Before we conclude this chapter perhaps we may be allowed to make some remarks on the relation, in point of time, of these historical events, with the stay of the Hyksos on one side, and on the other side with the stay of the children of Israel, on Egyptian soil. We have already made mention of a memorial stone [259] of the time of the second Ramses found in Tanis, the inscription on which commences with the following indication of its date: 'In the year 400, on the 4th day of the month Mesori of King Nub.' As on the basis of the newest and best enquiries into the question of old Egyptian chronology we fix the reign of Ramses II. at the year 1350 B.C. as a mean rate; between various proposals, the reign of the Hyksos King Nub, and probably the beginning of his reign would fall about the year 1750 B.C., that is, 400 years before Ramses II, Although we are completely in the dark as to what place King Nub occupied in the succession of the princes of his house, yet the number mentioned has a certain importance in fixing an approximative date for the stay of the foreign kings in Egypt. This importance becomes much enhanced by its very clear relation to a similar statement in Holy Writ in relation to the total duration of the stay of the children of Israel in Egypt. According to this statement (Deuteronomy xii. 40) the Hebrews from the time of the immigration of their ancestor Jacob till the exodus had remained 430 years in Egypt. In another place (Genesis xv. 13) the duration of their stay is expressed by the round number of 400 years. Now, as according to general acceptation the exodus from Egypt took place after the death of Ramses II., the Pharaoh of the oppression, the year 1300 will approximately correspond to the time of the exodus in the reign of Mineptah, the son and successor of Ramses II. If we take, therefore, 430 years as the expression for the total duration of the stay of the [260] Hebrews in Egypt, we arrive at the year 1730 B.C. as the approximative date of the immigration of Jacob into Egypt, and for the time of the official career of his son Joseph at the court of Pharaoh. In other words, we arrive at the conclusion that the time of Joseph (1730 B.C.) must have fallen in the time of the Hyksos' domination, about the reign of the previously mentioned foreign prince, Nub (1750).
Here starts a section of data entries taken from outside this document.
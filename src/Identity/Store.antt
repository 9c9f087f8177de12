-- ===== src/Identity/Store.antt =====
-- identity.go: `InMemoryIdentityVault`, a vault that keeps the keys of its identities.
pub mod Laws
use go_cell_protocol.Prelude.{
  ℕ, String, Bool, [], ◌⧺◌, true, false, List, Option, none, some, Result, ok, err, str_eq,
  if◌then◌else◌, Dict, lookup, insert,
}
use go_cell_protocol.Identity.{Bytes}

-- What the vault takes of Go's Ed25519 and base64 packages.
pub record Keys : Type 0 where
  pub public_of : Bytes → Bytes
  pub ed25519_sign : Bytes → Bytes → Bytes
  pub ed25519_verify : Bytes → Bytes → Bytes → Bool
  pub base64_encode : Bytes → String
  pub base64_decode : String → Option Bytes

-- An identity as the vault sees it; the vault that it carries is this one once it was added.
pub record Person : Type 0 where
  pub uuid : String
  pub display_name : String
  pub domain : String
  pub public_secure_key : String

-- `InMemoryIdentityVault`.
pub record Store : Type 0 where
  pub contexts : Dict String
  pub identities : Dict Person
  pub private_keys : Dict Bytes
  pub public_keys : Dict Bytes

-- `NewInMemoryIdentityVault`.
unfoldable pub new_store : Store
new_store = record { contexts = []; identities = []; private_keys = []; public_keys = [] }

abbrev or_empty : Option Bytes → Bytes
or_empty none = []
or_empty (some b) = b

abbrev names_context : String → String → Dict String → Dict String
names_context name uuid m = if str_eq name "" then m else insert name uuid m

module _ (k : Keys) where
  -- The store and the identity once `AddIdentity` has a key pair for the UUID; a new one is made
  -- from a fresh private key.
  unfoldable pub with_key : Store → Person → Bytes → Option Bytes → Store × Person
  with_key s p fresh (some private) = (s, p)
  with_key s p fresh none = (
    record s {
      private_keys = insert p.uuid fresh s.private_keys;
      public_keys = insert p.uuid (k.public_of fresh) s.public_keys;
    },
    record p { public_secure_key = k.base64_encode (k.public_of fresh) },
  )

  -- An identity that still has no public key takes the vault's.
  unfoldable pub with_public_key : Store → Person → Person
  with_public_key s p =
      if str_eq p.public_secure_key ""
      then record p { public_secure_key = k.base64_encode (or_empty (lookup p.uuid s.public_keys)) }
      else p

  -- `AddIdentity`: the store and the identity after the call.
  unfoldable pub add_identity : Store → Person → String → Bytes → Store × Person
  unfolding with_key with_public_key
  add_identity s p name fresh =
      let (keyed, q) = with_key s p fresh (lookup p.uuid s.private_keys) in
      let added = with_public_key keyed q in
      (
        record keyed {
          identities = insert added.uuid added keyed.identities;
          contexts = names_context name added.uuid keyed.contexts;
        },
        added,
      )

  abbrev or_no_text : Option String → String
  or_no_text none = ""
  or_no_text (some s) = s

  -- `Identity`: the identity of a name, or a new one with a fresh UUID and a fresh key.
  unfoldable pub identity_for_name : Store → String → Bool → Person → Bytes → Store × Option Person
  identity_for_name s name make_new new_person fresh =
      let uuid = or_no_text (lookup name s.contexts) in
      if str_eq uuid ""
      then if make_new
        then (
          (add_identity s new_person name fresh).0,
          some (add_identity s new_person name fresh).1,
        )
        else (s, none)
      else (s, lookup uuid s.identities)

  -- `SignMessageForIdentity`, for an identity that is not nil.
  unfoldable pub sign_message : Store → String → Bytes → Result Bytes
  sign_message s uuid message = elim (lookup uuid s.private_keys) [
    | none ↦ err ("unknown identity " ⧺ uuid)
    | some private ↦ ok (k.ed25519_sign private message)
  ]

  -- The key that a signature is verified with: the vault's own, or else the one that the identity
  -- carries.
  unfoldable pub verifying_key : Store → Person → Option Bytes
  verifying_key s p = elim (lookup p.uuid s.public_keys) [
    | some public ↦ some public
    | none ↦ if str_eq p.public_secure_key "" then none else k.base64_decode p.public_secure_key
  ]

  -- `VerifySignature`, for an identity that is not nil.
  unfoldable pub verify_vault_signature : Store → Bytes → Bytes → Person → Bool
  unfolding verifying_key
  verify_vault_signature s signature message p = elim (verifying_key s p) [
    | none ↦ false
    | some public ↦ k.ed25519_verify public message signature
  ]
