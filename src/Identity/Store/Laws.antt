-- ===== src/Identity/Store/Laws.antt =====
-- The keys of a vault belong together, and what it signs it verifies.
use go_cell_protocol.Prelude.{
  String, ◌≡◌, inl, inr, refl, true, Option, none, some, ok, str_eq, lookup, insert, lookup-insert,
  lookup-insert_self, Bool-cases, sym, ◌∙◌,
}
use go_cell_protocol.Identity.{Bytes}
use go_cell_protocol.Identity.Store.{
  Keys, Person, Store, with_key, with_public_key, add_identity, sign_message, verifying_key,
  verify_vault_signature,
}

module _ (k : Keys) where
  -- The public key of each UUID is the one of its private key.
  abbrev pub Paired : Store → Type 0
  Paired s =
      (uuid : String) (private : Bytes)
      → lookup uuid s.private_keys ≡ some private
      → lookup uuid s.public_keys ≡ some (k.public_of private)

  with_key-Paired :
      (s : Store) (p : Person) (fresh : Bytes) (o : Option Bytes)
      → Paired s
      → Paired (with_key k s p fresh o).0
  unfolding with_key
  with_key-Paired s p fresh (some private) h uuid key q = h uuid key q
  with_key-Paired s p fresh none h uuid key q = elim (Bool-cases (str_eq p.uuid uuid)) [
    | inl y ↦
        let found : lookup uuid (insert p.uuid fresh s.private_keys) ≡ some fresh =
          rw (lookup-insert, y) refl in
        let same : fresh ≡ key = some_injective (sym found ∙ q) in rw (lookup-insert, y, same) refl
    | inr n ↦
        let before : lookup uuid s.private_keys ≡ some key = sym (rw (lookup-insert, n) refl) ∙ q in
        rw (lookup-insert, n) (h uuid key before)
  ]
    where
      some_injective : {a b : Bytes} → ◌≡◌ {A = Option Bytes} (some a) (some b) → a ≡ b
      some_injective e = cc

  with_key-has :
      (s : Store) (p : Person) (fresh : Bytes) (o : Option Bytes)
      → lookup p.uuid s.private_keys ≡ o
      → ((with_key k s p fresh o).1.uuid ≡ p.uuid)
        × (private : Bytes) × (lookup p.uuid (with_key k s p fresh o).0.private_keys ≡ some private)
  unfolding with_key
  with_key-has s p fresh (some private) q = (refl, private, q)
  with_key-has s p fresh none q = (refl, fresh, lookup-insert_self p.uuid fresh s.private_keys)

  uuid-with_public_key : (s : Store) (p : Person) → (with_public_key k s p).uuid ≡ p.uuid
  unfolding with_public_key
  uuid-with_public_key s p = elim (Bool-cases (str_eq p.public_secure_key "")) [
    | inl y ↦ rw y refl
    | inr n ↦ rw n refl
  ]

  -- `AddIdentity` keeps the keys of a vault paired: each UUID's public key is that of its private
  -- key.
  pub add_identity-Paired :
      (s : Store) (p : Person) (name : String) (fresh : Bytes)
      → Paired s
      → Paired (add_identity k s p name fresh).0
  unfolding add_identity
  add_identity-Paired s p name fresh h = with_key-Paired s p fresh (lookup p.uuid s.private_keys) h

  verify-sign :
      (s : Store) (p : Person) (message : Bytes) (private : Bytes)
      → Paired s
      → lookup p.uuid s.private_keys ≡ some private
      → k.ed25519_verify (k.public_of private) message (k.ed25519_sign private message) ≡ true
      → (signature : Bytes) × (sign_message k s p.uuid message ≡ ok signature)
        × (verify_vault_signature k s signature message p ≡ true)
  unfolding sign_message verify_vault_signature verifying_key
  verify-sign s p message private h held good = (
    k.ed25519_sign private message,
    rw (held, sign_message) refl,
    rw (h p.uuid private held, verify_vault_signature, verifying_key) good,
  )

  -- In a vault whose keys are paired, an identity that was added signs every message, and the vault
  -- verifies the signature for that identity, if Ed25519 verifies what it signs.
  pub verify-add_identity :
      (s : Store) (p : Person) (name : String) (fresh message : Bytes)
      → Paired s
      → ((private m : Bytes)
          → k.ed25519_verify (k.public_of private) m (k.ed25519_sign private m) ≡ true)
      → let (after, added) = add_identity k s p name fresh in
        (added.uuid ≡ p.uuid)
        × (signature : Bytes) × (sign_message k after added.uuid message ≡ ok signature)
        × (verify_vault_signature k after signature message added ≡ true)
  unfolding add_identity
  verify-add_identity s p name fresh message h good =
      let (same, private, held) = with_key-has s p fresh (lookup p.uuid s.private_keys) refl in
      let uuid : (add_identity k s p name fresh).1.uuid ≡ p.uuid =
        uuid-with_public_key (with_key k s p fresh (lookup p.uuid s.private_keys)).0
          (with_key k s p fresh (lookup p.uuid s.private_keys)).1
        ∙ same in
      let (signature, signs, verifies) =
        verify-sign (add_identity k s p name fresh).0 (add_identity k s p name fresh).1 message
          private (add_identity-Paired s p name fresh h) (rw uuid held) (good private message) in
      (uuid, signature, signs, verifies)
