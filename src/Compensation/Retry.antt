-- ===== src/Compensation/Retry.antt =====
-- `nextRetryAt` of packages/outbox-inbox/src/index.ts, for an attempt count that is an integer of
-- zero or more; times are milliseconds.
use kuajing.Base.{ℕ, zero, suc, ◌+◌, ◌*◌, ◌^◌, ◌≤◌, min, arith}
use native.Mathlib.Nat.{pow-suc}

-- `Math.min(900, 2 ** attemptCount * 5)`
abbrev pub delay_seconds : ℕ → ℕ
delay_seconds n = min 900 (2 ^ n * 5)

unfoldable pub next_retry_at : ℕ → ℕ → ℕ
next_retry_at attempt_count now = now + delay_seconds attempt_count * 1000

pow-pos : (n : ℕ) → 1 ≤ 2 ^ n
pow-pos zero = omega arith
pow-pos (suc n) = omega (arith, pow-pos n, pow-suc 2 n)

-- A retry is at least five seconds and at most fifteen minutes away, and never nearer than the one
-- before it.
pub next_retry_at_bounds :
    (n now : ℕ)
    → (now + 5000 ≤ next_retry_at n now)
      × (next_retry_at n now ≤ now + 900000)
      × (next_retry_at n now ≤ next_retry_at (suc n) now)
unfolding next_retry_at
next_retry_at_bounds n now = omega (arith, pow-pos n, pow-suc 2 n)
This singular coincidence of numbers, as we openly admit, appears to us to have a higher value than the data fixed on the grounds of particular calculations of the chronological tables of Manetho and the fathers of the church. For these numbers neither change nor rectify the great building of general chronology. Their importance is of quite a different character. Independently of every kind of arrangement and combination of numbers they prove the probability of a fixed date for a very important section of the general history of the world on the grounds of two chronological data, which in a most striking way correspond with one another, and of which each separately has its origin in an equally trustworthy and respectable source.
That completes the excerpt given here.